** Opening DATA SECTION block **

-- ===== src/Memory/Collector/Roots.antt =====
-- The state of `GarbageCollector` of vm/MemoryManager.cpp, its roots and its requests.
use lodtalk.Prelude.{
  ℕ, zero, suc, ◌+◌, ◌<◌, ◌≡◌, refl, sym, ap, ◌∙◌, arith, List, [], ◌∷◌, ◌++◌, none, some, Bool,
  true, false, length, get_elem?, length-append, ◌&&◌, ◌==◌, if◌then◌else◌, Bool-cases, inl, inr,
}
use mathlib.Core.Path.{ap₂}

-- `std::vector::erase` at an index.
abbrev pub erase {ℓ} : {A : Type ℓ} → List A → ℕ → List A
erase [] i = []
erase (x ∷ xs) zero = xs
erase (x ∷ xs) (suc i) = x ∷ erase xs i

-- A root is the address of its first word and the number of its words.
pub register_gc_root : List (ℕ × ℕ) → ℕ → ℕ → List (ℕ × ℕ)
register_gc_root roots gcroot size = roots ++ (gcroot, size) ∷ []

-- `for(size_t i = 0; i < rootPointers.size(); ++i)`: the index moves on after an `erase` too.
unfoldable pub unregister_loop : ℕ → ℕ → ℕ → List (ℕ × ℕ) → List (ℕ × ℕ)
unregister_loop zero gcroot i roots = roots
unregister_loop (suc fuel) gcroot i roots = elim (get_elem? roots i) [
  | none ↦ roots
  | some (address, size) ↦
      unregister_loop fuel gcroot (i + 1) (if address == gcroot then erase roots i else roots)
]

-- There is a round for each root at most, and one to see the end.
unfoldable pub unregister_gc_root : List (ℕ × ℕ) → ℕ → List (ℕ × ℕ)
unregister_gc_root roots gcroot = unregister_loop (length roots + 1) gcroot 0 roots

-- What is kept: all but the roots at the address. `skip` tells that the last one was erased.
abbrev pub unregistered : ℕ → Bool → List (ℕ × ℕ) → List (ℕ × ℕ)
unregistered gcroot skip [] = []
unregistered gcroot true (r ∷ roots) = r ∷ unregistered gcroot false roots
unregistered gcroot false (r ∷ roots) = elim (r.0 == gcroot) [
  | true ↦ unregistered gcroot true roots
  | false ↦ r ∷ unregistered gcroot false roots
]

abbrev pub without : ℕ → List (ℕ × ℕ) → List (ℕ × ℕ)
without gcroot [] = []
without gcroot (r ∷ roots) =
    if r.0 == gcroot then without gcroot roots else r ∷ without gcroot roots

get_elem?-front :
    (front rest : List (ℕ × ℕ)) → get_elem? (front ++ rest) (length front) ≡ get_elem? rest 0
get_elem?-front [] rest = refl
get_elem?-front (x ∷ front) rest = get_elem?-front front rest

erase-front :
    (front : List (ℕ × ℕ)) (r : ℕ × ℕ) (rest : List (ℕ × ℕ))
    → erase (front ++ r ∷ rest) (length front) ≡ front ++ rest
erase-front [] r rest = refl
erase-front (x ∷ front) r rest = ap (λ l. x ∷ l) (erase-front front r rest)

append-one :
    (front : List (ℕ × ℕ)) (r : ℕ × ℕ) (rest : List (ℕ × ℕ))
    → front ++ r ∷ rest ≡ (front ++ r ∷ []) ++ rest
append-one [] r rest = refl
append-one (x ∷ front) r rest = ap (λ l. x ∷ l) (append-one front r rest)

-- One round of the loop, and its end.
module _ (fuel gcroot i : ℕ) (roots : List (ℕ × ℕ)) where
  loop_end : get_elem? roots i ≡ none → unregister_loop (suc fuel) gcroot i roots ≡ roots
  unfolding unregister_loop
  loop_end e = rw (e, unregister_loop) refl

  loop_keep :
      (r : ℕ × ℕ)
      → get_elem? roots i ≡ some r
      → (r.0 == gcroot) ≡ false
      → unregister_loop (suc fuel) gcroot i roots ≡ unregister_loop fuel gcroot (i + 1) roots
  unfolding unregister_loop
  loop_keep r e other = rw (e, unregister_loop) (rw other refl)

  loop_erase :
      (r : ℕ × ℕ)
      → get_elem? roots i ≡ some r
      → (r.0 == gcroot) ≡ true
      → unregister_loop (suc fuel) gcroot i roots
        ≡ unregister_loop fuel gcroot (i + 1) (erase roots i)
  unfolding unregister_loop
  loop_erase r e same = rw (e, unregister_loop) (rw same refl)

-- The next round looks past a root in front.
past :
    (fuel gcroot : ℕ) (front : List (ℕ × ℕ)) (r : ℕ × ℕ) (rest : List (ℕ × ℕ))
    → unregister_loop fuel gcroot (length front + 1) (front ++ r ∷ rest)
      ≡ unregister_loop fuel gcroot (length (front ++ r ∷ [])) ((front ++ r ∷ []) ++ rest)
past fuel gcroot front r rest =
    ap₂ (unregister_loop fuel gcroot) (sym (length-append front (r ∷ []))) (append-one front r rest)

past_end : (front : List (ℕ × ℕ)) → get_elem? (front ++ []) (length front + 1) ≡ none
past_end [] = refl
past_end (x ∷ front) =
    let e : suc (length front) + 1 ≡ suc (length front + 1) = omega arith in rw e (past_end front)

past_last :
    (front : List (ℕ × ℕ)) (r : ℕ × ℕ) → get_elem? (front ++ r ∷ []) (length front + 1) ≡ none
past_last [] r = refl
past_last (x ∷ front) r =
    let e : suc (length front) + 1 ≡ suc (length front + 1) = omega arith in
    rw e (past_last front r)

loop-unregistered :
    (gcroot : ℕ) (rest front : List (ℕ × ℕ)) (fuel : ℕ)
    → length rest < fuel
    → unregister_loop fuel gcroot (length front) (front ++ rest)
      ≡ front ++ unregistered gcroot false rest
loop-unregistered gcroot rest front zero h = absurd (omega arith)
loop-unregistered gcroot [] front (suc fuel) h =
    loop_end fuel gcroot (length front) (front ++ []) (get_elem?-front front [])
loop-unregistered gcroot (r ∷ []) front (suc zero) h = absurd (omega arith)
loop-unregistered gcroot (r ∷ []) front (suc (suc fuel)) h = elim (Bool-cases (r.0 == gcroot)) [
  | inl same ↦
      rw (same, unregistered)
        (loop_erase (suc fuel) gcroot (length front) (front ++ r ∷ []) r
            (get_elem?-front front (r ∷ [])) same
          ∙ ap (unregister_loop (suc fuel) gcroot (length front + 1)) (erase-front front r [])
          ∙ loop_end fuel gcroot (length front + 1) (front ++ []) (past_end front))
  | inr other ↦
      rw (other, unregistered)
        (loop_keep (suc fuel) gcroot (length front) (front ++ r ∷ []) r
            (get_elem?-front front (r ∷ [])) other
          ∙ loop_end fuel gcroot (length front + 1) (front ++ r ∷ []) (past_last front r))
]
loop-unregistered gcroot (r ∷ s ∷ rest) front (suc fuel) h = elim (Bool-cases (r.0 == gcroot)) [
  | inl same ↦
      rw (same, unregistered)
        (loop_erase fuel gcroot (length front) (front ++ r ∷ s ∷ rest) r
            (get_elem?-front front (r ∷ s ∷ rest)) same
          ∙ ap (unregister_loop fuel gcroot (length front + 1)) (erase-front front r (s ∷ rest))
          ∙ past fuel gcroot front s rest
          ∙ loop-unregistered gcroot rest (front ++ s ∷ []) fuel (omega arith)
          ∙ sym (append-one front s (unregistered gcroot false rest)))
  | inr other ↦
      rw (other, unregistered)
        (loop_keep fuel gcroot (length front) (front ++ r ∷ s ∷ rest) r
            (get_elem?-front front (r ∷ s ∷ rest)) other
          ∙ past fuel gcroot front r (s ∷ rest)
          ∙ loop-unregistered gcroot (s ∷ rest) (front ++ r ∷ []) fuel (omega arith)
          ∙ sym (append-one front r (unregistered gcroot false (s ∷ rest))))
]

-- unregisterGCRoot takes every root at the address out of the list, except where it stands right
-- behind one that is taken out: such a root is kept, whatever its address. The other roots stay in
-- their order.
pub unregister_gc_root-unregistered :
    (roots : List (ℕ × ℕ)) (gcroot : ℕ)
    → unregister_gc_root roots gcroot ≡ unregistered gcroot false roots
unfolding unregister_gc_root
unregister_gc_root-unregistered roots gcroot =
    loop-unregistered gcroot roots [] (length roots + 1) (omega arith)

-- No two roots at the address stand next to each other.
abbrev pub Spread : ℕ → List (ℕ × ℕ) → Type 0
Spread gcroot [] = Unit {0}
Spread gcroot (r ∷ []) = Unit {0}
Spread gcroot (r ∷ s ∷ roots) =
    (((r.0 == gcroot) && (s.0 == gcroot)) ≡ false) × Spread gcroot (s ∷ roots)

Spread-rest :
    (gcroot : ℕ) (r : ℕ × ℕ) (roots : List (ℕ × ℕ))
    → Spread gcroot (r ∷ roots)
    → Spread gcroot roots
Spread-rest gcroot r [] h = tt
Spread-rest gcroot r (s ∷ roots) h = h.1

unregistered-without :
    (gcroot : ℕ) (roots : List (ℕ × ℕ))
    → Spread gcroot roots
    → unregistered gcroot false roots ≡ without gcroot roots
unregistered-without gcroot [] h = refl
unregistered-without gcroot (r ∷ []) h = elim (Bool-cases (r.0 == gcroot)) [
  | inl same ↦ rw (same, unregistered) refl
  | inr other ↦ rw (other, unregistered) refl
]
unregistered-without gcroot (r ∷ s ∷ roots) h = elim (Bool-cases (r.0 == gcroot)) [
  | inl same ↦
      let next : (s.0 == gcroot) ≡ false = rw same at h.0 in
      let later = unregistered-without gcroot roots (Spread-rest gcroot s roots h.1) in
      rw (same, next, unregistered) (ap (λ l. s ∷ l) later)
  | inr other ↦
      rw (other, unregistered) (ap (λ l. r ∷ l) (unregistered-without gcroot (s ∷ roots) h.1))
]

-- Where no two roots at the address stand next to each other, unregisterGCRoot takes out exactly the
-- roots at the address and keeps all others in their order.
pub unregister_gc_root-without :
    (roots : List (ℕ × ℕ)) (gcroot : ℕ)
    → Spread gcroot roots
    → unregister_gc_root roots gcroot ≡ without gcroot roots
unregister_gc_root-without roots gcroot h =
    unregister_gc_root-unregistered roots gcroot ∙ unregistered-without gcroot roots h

** Closing DATA SECTION block **

◆ YOUR INSTRUCTIONS: Beginning at the line above that contains "loop-unregistered gcroot []", return each line exactly through the line that contains "(get_elem?-front front (r ∷ [])) same", and no others.

◆ WRITTEN REPLY:
loop-unregistered gcroot [] front (suc fuel) h =
    loop_end fuel gcroot (length front) (front ++ []) (get_elem?-front front [])
loop-unregistered gcroot (r ∷ []) front (suc zero) h = absurd (omega arith)
loop-unregistered gcroot (r ∷ []) front (suc (suc fuel)) h = elim (Bool-cases (r.0 == gcroot)) [
  | inl same ↦
      rw (same, unregistered)
        (loop_erase (suc fuel) gcroot (length front) (front ++ r ∷ []) r
            (get_elem?-front front (r ∷ [])) same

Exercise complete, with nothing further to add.